In a statement today, they asked the ministry to explain why the weighted response rate among the initially sampled Malaysian schools came up to only 51% – far short of the standard PISA response rate of 85%.

The statement by Petaling Jaya Utara MP Tony Pua, Serdang MP Ong Kian Ming and Bukit Bendera MP Zairil Khir Johari said the exclusion under the programme conducted by the Organisation for Economic Co-operation and Development (OECD) in 2015 had put Malaysia in an embarrassing situation.

“The Ministry of Education should not be boasting about Malaysia’s improvement in its PISA scores since the PISA report has clearly stated that our 2015 scores cannot be compared with past PISA scores,” they said.

They said the ministry should issue a detailed report on the sample of schools included in the PISA test and explain why the response rate of 85% was not reached.

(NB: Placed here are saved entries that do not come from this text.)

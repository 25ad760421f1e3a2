-- ===== src/Agent/Chat/Protocol.antt =====
-- crates/voice_server/src/agent/llmagent.rs: the order of the acts of `chat`, as a grammar, and that
-- the loop over the models keeps to it.
use voice_ai.Base.{
  ℕ, suc, ◌≡◌, ◌⊎◌, refl, sym, subst, inl, inr, Bool, true, false, Option, none, some, List, [],
  ◌∷◌, ◌++◌, is_empty, Str, append-nil,
}
use voice_ai.Agent.Memory.{user, assistant, Message}
use voice_ai.Agent.Router.{route}
use voice_ai.Client.{ClientError, Result, ok, err, LlmEvent, ModelTier, fast, strong, ChatMessage}
use voice_ai.Metrics.{EscalationReason, empty_response}
use voice_ai.Agent.Chat.{
  Act, routed, asks, escalated, appends, yields, fails, Draft, Pass, over, stops, hear, conclude,
  read_answer, no_draft, Turn, Round, after_attempt, round, rounds, chat, messages_of, client_for,
  Rounds, go_on, prepend, settle, Left, escalation_reason_for, preceded,
}

abbrev pub by_user : Str → Message
by_user content = record { role = user; content = content }

abbrev pub by_assistant : Str → Message
by_assistant content = record { role = assistant; content = content }

-- After the text `said` has been shown: more events, and the end of the stream, an error, or a final
-- event, before which the whole text is remembered.
pub data Told : Str → List Act → Type 0 where
  cut : {said : Str} → Told said []
  broken : {said : Str} {e : ClientError} → Told said (fails e ∷ [])
  finished :
      {said : Str} {e : LlmEvent}
      → e.is_final ≡ true
      → Told said (appends (by_assistant (said ++ e.delta)) ∷ yields e ∷ [])
  told :
      {said : Str} {e : LlmEvent} {acts : List Act}
      → e.is_final ≡ false
      → Told (said ++ e.delta) acts
      → Told said (yields e ∷ acts)

-- An answer to `u` from its first text on, or, of the strong model, an error in its place.
pub data Answered (u : Str) : ModelTier → List Act → Type 0 where
  refused : {e : ClientError} → Answered u strong (fails e ∷ [])
  opened :
      {tier : ModelTier} {e : LlmEvent} {acts : List Act}
      → is_empty e.delta ≡ false
      → e.is_final ≡ false
      → Told e.delta acts
      → Answered u tier (appends (by_user u) ∷ yields e ∷ acts)
  at_once :
      {tier : ModelTier} {e : LlmEvent}
      → is_empty e.delta ≡ false
      → e.is_final ≡ true
      → Answered u tier (appends (by_user u) ∷ appends (by_assistant e.delta) ∷ yields e ∷ [])

-- One attempt with the tier that is routed to; or one with the fast model, given up before any of
-- its events was shown, and one with the strong model.
pub data Chatted (u : Str) (messages : List ChatMessage) : List Act → Type 0 where
  straight :
      {tier : ModelTier} {acts : List Act}
      → route u ≡ tier
      → Answered u tier acts
      → Chatted u messages (routed tier ∷ asks tier messages ∷ acts)
  raised :
      {reason : EscalationReason} {acts : List Act}
      → route u ≡ fast
      → Answered u strong acts
      → Chatted u messages
          (routed fast ∷ asks fast messages ∷ escalated reason ∷ asks strong messages ∷ acts)

-- The pass over what follows the first text ends the whole stream.
record Closed (said : Str) (p : Pass) : Type 0 where
  acts_told : Told said p.acts
  shown : p.visible ≡ true
  left_open : (p.left ≡ over) ⊎ (p.left ≡ stops)

abbrev pub event : Str → Bool → LlmEvent
event d f = record { delta = d; is_final = f }

-- The variables when `b` has been shown.
abbrev shown_draft : Str → Draft
shown_draft b = record { assistant_buf = b; recorded_user = true }

finished_with : (b d : Str) → Told b (appends (by_assistant (b ++ d)) ∷ yields (event d true) ∷ [])
finished_with b d = finished refl

-- One event after the first text, `rest` being the pass over the others.
visible_event :
    (u : Str) (tier : ModelTier) (b d : Str) (f : Bool) (es : List (Result LlmEvent))
    → ((b' : Str) → Closed b' (read_answer u tier (shown_draft b') true es))
    → Closed b (read_answer u tier (shown_draft b) true (ok (event d f) ∷ es))
unfolding read_answer hear conclude
visible_event u tier b [] true es rest = record {
  acts_told =
      subst (λ s. Told b (appends (by_assistant s) ∷ yields (event [] true) ∷ [])) (append-nil b)
        (finished_with b []);
  shown = refl;
  left_open = inr refl;
}
visible_event u tier b [] false es rest = record {
  acts_told = told refl (
      subst (λ s. Told s (read_answer u tier (shown_draft b) true es).acts) (sym (append-nil b))
        (rest b).acts_told);
  shown = (rest b).shown;
  left_open = (rest b).left_open;
}
visible_event u tier b (c ∷ cs) true es rest = record {
  acts_told = finished_with b (c ∷ cs);
  shown = refl;
  left_open = inr refl;
}
visible_event u tier b (c ∷ cs) false es rest = record {
  acts_told = told refl (rest (b ++ c ∷ cs)).acts_told;
  shown = (rest (b ++ c ∷ cs)).shown;
  left_open = (rest (b ++ c ∷ cs)).left_open;
}

visible_pass :
    (u : Str) (tier : ModelTier) (b : Str) (es : List (Result LlmEvent))
    → Closed b (read_answer u tier (shown_draft b) true es)
visible_pass u tier b [] =
    unfold read_answer in record { acts_told = cut; shown = refl; left_open = inl refl }
visible_pass u fast b (err e ∷ es) =
    unfold read_answer in record { acts_told = broken; shown = refl; left_open = inr refl }
visible_pass u strong b (err e ∷ es) =
    unfold read_answer in record { acts_told = broken; shown = refl; left_open = inr refl }
visible_pass u tier b (ok e ∷ es) =
    visible_event u tier b e.delta e.is_final es (λ b'. visible_pass u tier b' es)

-- How a round that starts with nothing shown leaves the loop, or goes on to the strong model.
pub data Settled (World : Type 0) (u : Str) (w : World) : ModelTier → Round World → Type 0 where
  ends :
      {tier : ModelTier} {acts : List Act} {v : Draft}
      → Answered u tier acts
      → Settled World u w tier (record { acts = acts; draft = v; world = w; next = none })
  goes_on :
      (reason : EscalationReason)
      → Settled World u w fast
          (record { acts = escalated reason ∷ []; draft = no_draft; world = w; next = some strong })

abbrev settled_pass : {World : Type 0} → ModelTier → World → Pass → Round World
settled_pass tier w p = preceded p.acts (settle tier w p.draft p.visible p.left)

module _ {World : Type 0} (u : Str) (w : World) where
  abbrev settled : Draft → Round World
  settled v = record { acts = []; draft = v; world = w; next = none }

  closed_settles :
      (tier : ModelTier) (v : Draft) (visible : Bool) (left : Left)
      → visible ≡ true
      → (left ≡ over) ⊎ (left ≡ stops)
      → settle tier w v visible left ≡ settled v
  closed_settles fast v visible left shown (inl e) = rw (e, shown) refl
  closed_settles strong v visible left shown (inl e) = rw (e, shown) refl
  closed_settles fast v visible left shown (inr e) = rw e refl
  closed_settles strong v visible left shown (inr e) = rw e refl

  -- A text is the first one: the rest of the answer is told after it.
  opened_round :
      (tier : ModelTier) (e : LlmEvent) (p : Pass)
      → is_empty e.delta ≡ false
      → e.is_final ≡ false
      → Closed e.delta p
      → Settled World u w tier (
          preceded
            (appends (by_user u) ∷ yields e ∷ p.acts)
            (settle tier w p.draft p.visible p.left))
  opened_round tier e p text more c =
      let whole = appends (by_user u) ∷ yields e ∷ p.acts in
      let same : settle tier w p.draft p.visible p.left ≡ settled p.draft =
        closed_settles tier p.draft p.visible p.left c.shown c.left_open in
      let as_is : Settled World u w tier
          (record { acts = whole; draft = p.draft; world = w; next = none }) =
        ends (opened text more c.acts_told) in
      subst (λ r. Settled World u w tier (preceded whole r)) (sym same)
        (subst
          (λ as'.
            Settled World u w tier (record { acts = as'; draft = p.draft; world = w; next = none }))
          (sym (append-nil whole)) as_is)

  quiet_event :
      (tier : ModelTier) (d : Str) (f : Bool) (es : List (Result LlmEvent))
      → Settled World u w tier (settled_pass tier w (read_answer u tier no_draft false es))
      → Settled World u w tier
          (settled_pass tier w (read_answer u tier no_draft false (ok (event d f) ∷ es)))
  unfolding read_answer hear conclude
  quiet_event fast [] true es rest = goes_on empty_response
  quiet_event strong [] true es rest = ends refused
  quiet_event tier [] false es rest = rest
  quiet_event tier (c ∷ cs) true es rest = ends (at_once refl refl)
  quiet_event tier (c ∷ cs) false es rest =
      opened_round tier (event (c ∷ cs) false) (read_answer u tier (shown_draft (c ∷ cs)) true es)
        refl refl (visible_pass u tier (c ∷ cs) es)

  pass-Settled :
      (tier : ModelTier) (es : List (Result LlmEvent))
      → Settled World u w tier (settled_pass tier w (read_answer u tier no_draft false es))
  pass-Settled fast [] = unfold read_answer in goes_on empty_response
  pass-Settled strong [] = unfold read_answer in ends refused
  pass-Settled fast (err e ∷ es) = unfold read_answer in goes_on (escalation_reason_for e)
  pass-Settled strong (err e ∷ es) = unfold read_answer in ends refused
  pass-Settled tier (ok e ∷ es) = quiet_event tier e.delta e.is_final es (pass-Settled tier es)

  pub attempt-Settled :
      (tier : ModelTier) (attempt : Result (List (Result LlmEvent)))
      → Settled World u w tier (after_attempt u tier no_draft w attempt)
  unfolding after_attempt
  attempt-Settled tier (ok es) = pass-Settled tier es
  attempt-Settled fast (err e) = goes_on (escalation_reason_for e)
  attempt-Settled strong (err e) = ends refused

-- The end of the loop: `answers tier` has the last answer among its acts.
record Runs {World : Type 0} (u : Str) (messages : List ChatMessage) (pre : List Act)
    (tier : ModelTier) (o : Option (List Act × World)) : Type 0 where
  acts : List Act
  world : World
  gives : o ≡ some (pre ++ (asks tier messages ∷ acts), world)
  answer : Answered u tier acts

module _ {World : Type 0} (u : Str) (messages : List ChatMessage) (next : Rounds World) where
  strong-Runs :
      (w : World) (r : Round World)
      → Settled World u w strong r
      → Runs u messages [] strong (go_on next (preceded (asks strong messages ∷ []) r))
  unfolding go_on
  strong-Runs w _ (ends {acts = acts} a) = record {
    acts = acts;
    world = w;
    gives = refl;
    answer = a;
  }

  fast-Runs :
      (w : World) (r : Round World)
      → Settled World u w fast r
      → Runs u messages [] strong (next strong no_draft w)
      → Runs u messages [] fast (go_on next (preceded (asks fast messages ∷ []) r))
        ⊎ ((reason : EscalationReason) × Runs u messages
              (asks fast messages ∷ escalated reason ∷ [])
              strong
              (go_on next (preceded (asks fast messages ∷ []) r)))
  unfolding go_on
  fast-Runs w _ (ends {acts = acts} a) last =
      inl (record { acts = acts; world = w; gives = refl; answer = a })
  fast-Runs w _ (goes_on reason) last = inr (
    reason,
    record {
      acts = last.acts;
      world = last.world;
      gives = rw last.gives refl;
      answer = last.answer;
    },
  )

module _ {World : Type 0} (t : Turn World) (messages : List ChatMessage) (n : ℕ) where
  rounds_strong :
      (w : World)
      → Runs t.user_input messages [] strong (rounds t messages (suc n) strong no_draft w)
  unfolding rounds round
  rounds_strong w =
      let (w', attempt) = client_for t strong t.session_id messages t.emotion_hint w in
      strong-Runs t.user_input messages (rounds t messages n) w'
        (after_attempt t.user_input strong no_draft w' attempt)
        (attempt-Settled t.user_input w' strong attempt)

  rounds_fast :
      (w : World)
      → Runs t.user_input messages [] fast (rounds t messages (suc (suc n)) fast no_draft w)
        ⊎ ((reason : EscalationReason) × Runs t.user_input messages
              (asks fast messages ∷ escalated reason ∷ [])
              strong
              (rounds t messages (suc (suc n)) fast no_draft w))
  unfolding rounds round
  rounds_fast w =
      let (w', attempt) = client_for t fast t.session_id messages t.emotion_hint w in
      fast-Runs t.user_input messages (rounds t messages (suc n)) w'
        (after_attempt t.user_input fast no_draft w' attempt)
        (attempt-Settled t.user_input w' fast attempt) (rounds_strong w')

abbrev pub Chats : {World : Type 0} → Str → List ChatMessage → Option (List Act × World) → Type 0
Chats u messages none = ⊥
Chats u messages (some (acts, w)) = Chatted u messages acts

module _ {World : Type 0} (u : Str) (messages : List ChatMessage) where
  straight-Chats :
      {tier : ModelTier} (o : Option (List Act × World))
      → route u ≡ tier
      → Runs u messages [] tier o
      → Chats u messages (prepend (routed tier ∷ []) o)
  straight-Chats o choice r = rw r.gives (straight choice r.answer)

  raised-Chats :
      {reason : EscalationReason} (o : Option (List Act × World))
      → route u ≡ fast
      → Runs u messages (asks fast messages ∷ escalated reason ∷ []) strong o
      → Chats u messages (prepend (routed fast ∷ []) o)
  raised-Chats o choice r = rw r.gives (raised choice r.answer)

pub tier-cases : (tier : ModelTier) → (tier ≡ fast) ⊎ (tier ≡ strong)
tier-cases fast = inl refl
tier-cases strong = inr refl

-- Whatever the two clients answer, two rounds of the loop are enough for a chat, and its acts are
-- those of one attempt with the tier of the input, or of an attempt with the fast model that is given
-- up before any event was shown or remembered, followed by one with the strong model; within an
-- answer the user is remembered before the first text, and the whole text before the final event.
pub chat-Chatted :
    {World : Type 0} (n : ℕ) (t : Turn World) (history : List Message) (w : World)
    → Chats t.user_input (messages_of history t.user_input) (chat (suc (suc n)) t history w)
unfolding chat
chat-Chatted n t history w =
    let messages = messages_of history t.user_input in
    elim (tier-cases (route t.user_input)) [
      | inl e ↦ elim (rounds_fast t messages n w) [
        | inl r ↦ rw e (straight-Chats t.user_input messages _ e r)
        | inr (reason, r) ↦ rw e (raised-Chats t.user_input messages _ e r)
      ]
      | inr e ↦ rw e (straight-Chats t.user_input messages _ e (rounds_strong t messages (suc n) w))
    ]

The MPs noted that Deputy Education Minister Chong Sin Woon had said in December 2016 that such a detailed report would be released but that there had been none thus far.

The statement said the ministry had, in a written reply to Pua on March 22, cited the low response as due to students not being used to answering the questions using computers, resulting in their responses not being recorded.

It also said there were technical problems such as damaged data and data which was lost during the taking of the test.

Dismissing these as “excuses” the MPs said the ministry had at least two years, starting in 2013, to prepare for the 2015 PISA test.

“This is not the first time which Malaysia is going through the PISA process,” the statement said.

“In 2009, the response rate for the students selected was 99.3% and in 2012, it was 100%. How was it that in 2015, the response rate had dropped to 51%?”

The MPs stressed that prior to the release of the PISA report, the ministry had given assurances that both students and teachers had been adequately prepared for the taking and administering of the PISA tests.

“The admission of these technical failures shows that the Ministry of Education was grossly incompetent in administering the 2015 PISA tests,” the statement said.

“In doing so, it has put Malaysia in an embarrassing situation of not being featured in the PISA rankings.”

They also pointed to the poor performance of Malaysian students in the assessment in 2009 where Malaysia was ranked in the bottom third of all countries, as was highlighted in the National Education Blueprint 2013 to 2025.

They added that Malaysia’s performance in the 2012 PISA test did not show significant improvement.

They said Malaysia was not included in the 2015 ranking even though the country’s scores for Reading, Mathematics and Science showed an increase from 2012 to 2015 (from 398 to 431 for Reading, from 421 to 446 in Mathematics, from 420 to 443 in Science).